Tuesday, July 19, 2011

Nerd triumph

Geeky men everywhere will be cheering Tom Pellereau's unlikely victory in The Apprentice. But let's not get carried away

The most recent series of the Apprentice was already a few weeks along when someone, somewhere tweeted that one of the contestants looked like me. I think I waited about three minutes before I went downstairs to have a look.

"People are saying one of them looks like me," I said to the child I  found lying on the floor in front of the television.

"Yeah, Tom," he said. I scanned all the worried faces at the boardroom table.

"Which one is he?" I said.

"The geeky one with the glasses," he said.

"That one?" I said. "I don't look like that."

"You really do," he said.

When Tom Pellereau (who actually looks remarkably like the actor Michael Sheen who, in turn, can look like almost anybody) went on to clinch series seven, it was immediately hailed as the triumph of the nerd, a victory for the nice guy, an inspirational win for any man who considers himself to be one or the other. Of course the two aren't necessarily synonyms, but there's bound to be a fair bit of overlap. Being skinny and wearing glasses on TV is still enough to get you marked out as a nerd, and on the Apprentice anyone not exhibiting sociopathic levels of self-belief can be considered the nice guy. In the airless pretend world of business in which the Apprentice operates, there is no need to make a distinction between a nice guy and a nerd. They both come under one umbrella category: losers.

Except Tom won. He won after losing so many weekly tasks that even on the night of his triumph, You're Fired presenter Dara O Briain made him a present of a chair from the losers' cafe. He won despite being the least good at promoting himself, and terrible at defending his failures. In a game where the other contestants invariably model themselves on what they imagine to be Lord Sugar's type of person ? ruthless, serious, focused, thick-skinned ? Tom got away with being none of those things, but he hung on in, improbably, an inventor with a notebook in his pocket.

Are nerds becoming cool? At the weekend I saw the band Stornoway play at a festival. The lead singer Brian Briggs, who wears his guitar almost as high as Simon Cowell wears his trousers, stepped up to the microphone between songs and recounted a newspaper story about a cat in New York surviving a 40-storey fall from a window.

"Interesting fact for you," he said. "Most small mammals like cats have a non-fatal terminal velocity." After a moment of perfect, collective perplexity, the crowd went wild.
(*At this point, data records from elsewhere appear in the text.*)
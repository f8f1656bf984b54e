-- ===== src/Gpool/Pool/Ownership/Return.antt =====
-- A connection that comes back goes into the ring, or is closed: every connection keeps its owner.
use lgobase.Base.{
  ℕ, ◌+◌, ◌-◌, ◌<◌, ◌≡◌, ◌≢◌, refl, sym, ap, ◌∙◌, subst, List, [], ◌∷◌, ◌++◌, some, arith, length,
  get_elem?, modify, modify-modify, modify_comm, get_elem?-modify_ne, count, count-append, ◌==◌,
  true, false,
}
use lgobase.Base.Int.{ℤ}
use lgobase.Gpool.IdleQueue.{IdleQueue, push, pop, capacity_of}
use lgobase.Gpool.IdleQueue.Ring.{Holds, push-Holds, pop-Holds, length-pop}
use lgobase.Gpool.Pool.{Gpool, PoolConn, idle, returning, closing, returns, set_state, store_state}
use lgobase.Gpool.Pool.Locked.{close_begin}
use lgobase.Gpool.Pool.Return.{set_idle_time, close_if, evict}
use lgobase.Gpool.Pool.Ownership.{Owns, is_idle, is_closing, is_idle_inv, borrowed_count-pos}
use lgobase.Gpool.Pool.Ownership.Transfer.{Held-Transfer}
use lgobase.Gpool.Pool.Ownership.Borrow.{Tracks}

-- Connection `c` is on its way back: it is `pc`, in state `returning`.
pub record Returning (gp : Gpool) (c : ℕ) (pc : PoolConn) : Type 0 where
  pub held : get_elem? gp.conns c ≡ some pc
  pub state_is : pc.state ≡ returning

pub in_use-pos :
    (gp : Gpool) (c : ℕ) (pc : PoolConn) (closers : ℕ → ℕ)
    → Owns gp closers
    → Returning gp c pc
    → 0 < gp.in_use
in_use-pos gp c pc closers o r =
    ground (arith, o.1.borrowed_is, borrowed_count-pos gp.conns c pc r.held, r.state_is)

pub not_idle :
    (gp : Gpool) (c : ℕ) (pc : PoolConn) (closers : ℕ → ℕ) (o : Owns gp closers)
    → Returning gp c pc
    → count c o.0 ≡ 0
not_idle gp c pc closers o r = o.1.idle_once c ∙ rw r.held (ground (arith, r.state_is))

pub not_closing :
    (gp : Gpool) (c : ℕ) (pc : PoolConn) (closers : ℕ → ℕ) (o : Owns gp closers)
    → Returning gp c pc
    → closers c ≡ 0
not_closing gp c pc closers o r = o.1.closing_once c ∙ rw r.held (ground (arith, r.state_is))

-- The connection goes to a goroutine that closes it.
pub to_closing :
    (gp gp' : Gpool) (c : ℕ) (pc : PoolConn) (f : PoolConn → PoolConn) (closers : ℕ → ℕ)
    → Owns gp closers
    → Returning gp c pc
    → (f pc).state ≡ closing
    → gp'.conns ≡ modify gp.conns c f
    → gp'.idle ≡ gp.idle
    → gp'.in_use ≡ gp.in_use - 1
    → Owns gp' (λ j. count j (c ∷ []) + closers j)
to_closing gp gp' c pc f closers o r s e e' n = (
  o.0,
  Held-Transfer gp gp' closers _ o.0 o.0 c pc f o.1 (record {
    held = r.held;
    conns_is = e;
    holds = rw e' o.1.holds;
    idle_here = not_idle gp c pc closers o r ∙ ground arith;
    idle_there = λ j ne. refl;
    closing_here = ground (arith, not_closing gp c pc closers o r);
    closing_there = λ j ne. ground arith;
    in_use_is = ground (arith, in_use-pos gp c pc closers o r, r.state_is);
  }),
)

-- The connection goes to the ring.
pub to_idle :
    (gp gp' : Gpool) (c : ℕ) (pc : PoolConn) (f : PoolConn → PoolConn) (closers : ℕ → ℕ)
    (o : Owns gp closers)
    → Returning gp c pc
    → (f pc).state ≡ idle
    → gp'.conns ≡ modify gp.conns c f
    → Holds gp'.idle (o.0 ++ c ∷ [])
    → gp'.in_use ≡ gp.in_use - 1
    → Owns gp' closers
to_idle gp gp' c pc f closers o r s e h n = (
  o.0 ++ c ∷ [],
  Held-Transfer gp gp' closers closers o.0 (o.0 ++ c ∷ []) c pc f o.1 (record {
    held = r.held;
    conns_is = e;
    holds = h;
    idle_here = ground (arith, not_idle gp c pc closers o r, count-append c o.0 (c ∷ []));
    idle_there = λ j ne. ground (arith, count-append j o.0 (c ∷ []));
    closing_here = ground (arith, not_closing gp c pc closers o r);
    closing_there = λ j ne. refl;
    in_use_is = ground (arith, in_use-pos gp c pc closers o r, r.state_is);
  }),
)

pub push_room :
    (q : IdleQueue ℕ) (xs : List ℕ) (c : ℕ)
    → Holds q xs
    → (push q (some c)).1 ≡ true
    → q.size < length q.items
unfolding push
push_room q xs c h e = ground (arith, h.fits)

-- The pool where `put` has counted the connection out and stored `idle` in it.
abbrev pub idled : Gpool → ℕ → ℤ → Gpool
idled gp c now =
    let left = record gp {
      in_use = gp.in_use - 1;
      conns = modify gp.conns c (set_idle_time now);
    } in
    store_state left c idle

abbrev pub rest_of : ℤ → PoolConn → PoolConn
rest_of now pc = set_state idle (set_idle_time now pc)

module _ (gp : Gpool) (c : ℕ) (pc : PoolConn) (now : ℤ) (closers : ℕ → ℕ) (o : Owns gp closers)
    (r : Returning gp c pc) where
  -- Closing the returned connection itself.
  pub close_it-Tracks :
      (gp' : Gpool)
      → gp'.conns ≡ (idled gp c now).conns
      → gp'.idle ≡ gp.idle
      → gp'.in_use ≡ gp.in_use - 1
      → Tracks closers (close_begin gp' c returns)
  unfolding close_begin
  close_it-Tracks gp' e e' n =
      to_closing gp _ c pc (λ x. set_state closing (rest_of now x)) closers o r refl
        (ap (λ xs. modify xs c (set_state closing)) (e ∙ modify-modify gp.conns c _ _)
          ∙ modify-modify gp.conns c _ _)
        e' n

  -- The oldest idle connection `x` makes room.
  evict_oldest :
      (x : ℕ) (ring : List ℕ) (gp' : Gpool)
      → o.0 ≡ x ∷ ring
      → gp'.conns ≡ modify (idled gp c now).conns x (set_state closing)
      → Holds (pop gp.idle).0 ring
      → Holds gp'.idle (ring ++ c ∷ [])
      → gp'.in_use ≡ gp.in_use - 1
      → Owns gp' (λ j. count j (x ∷ []) + closers j)
  evict_oldest x ring gp' e cs popped full n =
      let split = λ (j : ℕ). ap (count j) e in
      let ne : x ≢ c = λ same. ground (arith, not_idle gp c pc closers o r, split c) in
      let (xc, xe, xs) =
        is_idle_inv (get_elem? gp.conns x) (ground (arith, o.1.idle_once x, split x)) in
      let first = record gp {
        idle = (pop gp.idle).0;
        conns = modify gp.conns x (set_state closing);
      } in
      let taken : Owns first (λ j. count j (x ∷ []) + closers j) = (
        ring,
        Held-Transfer gp first closers _ o.0 ring x xc (set_state closing) o.1 (record {
          held = xe;
          conns_is = refl;
          holds = popped;
          idle_here = ground (arith, o.1.idle_once x, split x, ap is_idle xe);
          idle_there = λ j off. ground (arith, split j);
          closing_here = ground (arith, o.1.closing_once x, ap is_closing xe);
          closing_there = λ j off. ground arith;
          in_use_is = ground arith;
        }),
      ) in
      to_idle first gp' c pc (rest_of now) _ taken
        (record {
          held = get_elem?-modify_ne gp.conns x c (set_state closing) ne ∙ r.held;
          state_is = r.state_is;
        })
        refl
        (cs
          ∙ ap (λ xs. modify xs x (set_state closing)) (modify-modify gp.conns c _ _)
          ∙ modify_comm gp.conns c x (rest_of now) (set_state closing) (λ same. ne (sym same)))
        full n

  -- The ring is full.
  pub evict-Tracks :
      (ring : List ℕ) (gp' : Gpool)
      → o.0 ≡ ring
      → gp.idle.size ≡ length gp.idle.items
      → gp'.conns ≡ (idled gp c now).conns
      → gp'.idle ≡ gp.idle
      → gp'.in_use ≡ gp.in_use - 1
      → Tracks closers (evict gp' c)
  unfolding evict
  evict-Tracks [] gp' e full e' i n =
      let none_held : (capacity_of gp'.idle == 0) ≡ true =
        ground (arith, o.1.holds.size_is, ap (length {0}) e, i) in
      rw (none_held, evict) (close_it-Tracks gp' e' i n)
  evict-Tracks (x ∷ ring) gp' e full e' i n =
      let h = subst (Holds gp.idle) e o.1.holds in
      let (popped, p) = pop-Holds gp.idle x ring h in
      let has_room : (capacity_of gp'.idle == 0) ≡ false = ground (arith, h.size_is, h.fits, i) in
      let below : (pop gp.idle).0.size < length (pop gp.idle).0.items =
        omega (arith, popped.size_is, h.size_is, length-pop gp.idle) in
      let pushed =
        subst (λ q. Holds (push (pop q).0 (some c)).0 (ring ++ c ∷ [])) (sym i)
          (push-Holds (pop gp.idle).0 ring c popped below) in
      let oldest : (pop gp'.idle).1 ≡ some x = ap (λ q. (pop q).1) i ∙ p in
      rw (has_room, evict)
        (rw (oldest, close_if)
          (unfold close_begin in
            evict_oldest x ring _ e (ap (λ xs. modify xs x (set_state closing)) e') popped pushed
              n))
The triumph of the nerd has long been a resonant theme in pop and film, and some kind of permanent shift has been heralded before. The explosive success of the tech nerds of Silicon Valley, the change in status afforded the DJ (in the 1984 film Revenge of the Nerds, nerds and DJs are allies), and the timely arrival of unlikely pop idol Jarvis Cocker all seemed to signal the end of an era when old fashioned alpha males dominated. More recently we've been pleasantly startled by the appearance of pin-up telly scientist Brian Cox, and a Labour leadership election where the two front runners were both Milibands.

In hindsight (which happens to be one of Tom Pellereau's specialities) these were all false dawns. Despite high-profile successes on several fronts, nerds have transparently failed to take over the world. That's probably because the very definition of nerd includes some element of exclusion. Successful nerds are anomalies, alpha males in specs. While being nerdy may have the occasional moment when it becomes perversely fashionable, that doesn't mean the majority of us are doing it on purpose.

This makes Tom's victory all the more extraordinary, given that he succeeded in a sub-genre of reality TV where the cut-throat nature of the competition is part of the entertainment. People who don't play the game the way it's meant to be played shouldn't last beyond week one. Two unlikely triumphs don't necessarily constitute a trend, but it's an odd coincidence that the most recent series of Masterchef ? a cookery programme rejigged to inject more ruthlessness ? was won by the unassuming, bespectacled, decidedly nerdy Tim Anderson. This was also a rare cause for celebration among people named Tim. Martin Amis once called Tim Henman "the first human being called Tim to achieve anything at all". That may be grossly unfair, but he said it quite a while ago now, and I certainly wasn't in a position to object at the time.

It could be that being an affable, clever-but-unfocused, wholly unapologetic geek is the newest way to succeed in a threadbare format where both audiences and Lord Sugar seem to have grown weary of watching the arrogant, the self-regarding, the pushy and the grimly determined triumph over more human candidates. Or maybe the whole series was simply engineered to make it look like that's what happened. A suspiciously self-assured Tom appeared on the live post-final wrap-up, not nearly as spluttery, puppyish and bewildered as the heavily edited character from the series.

His victory is still a welcome surprise if you're nerd though, or even if you just look like one.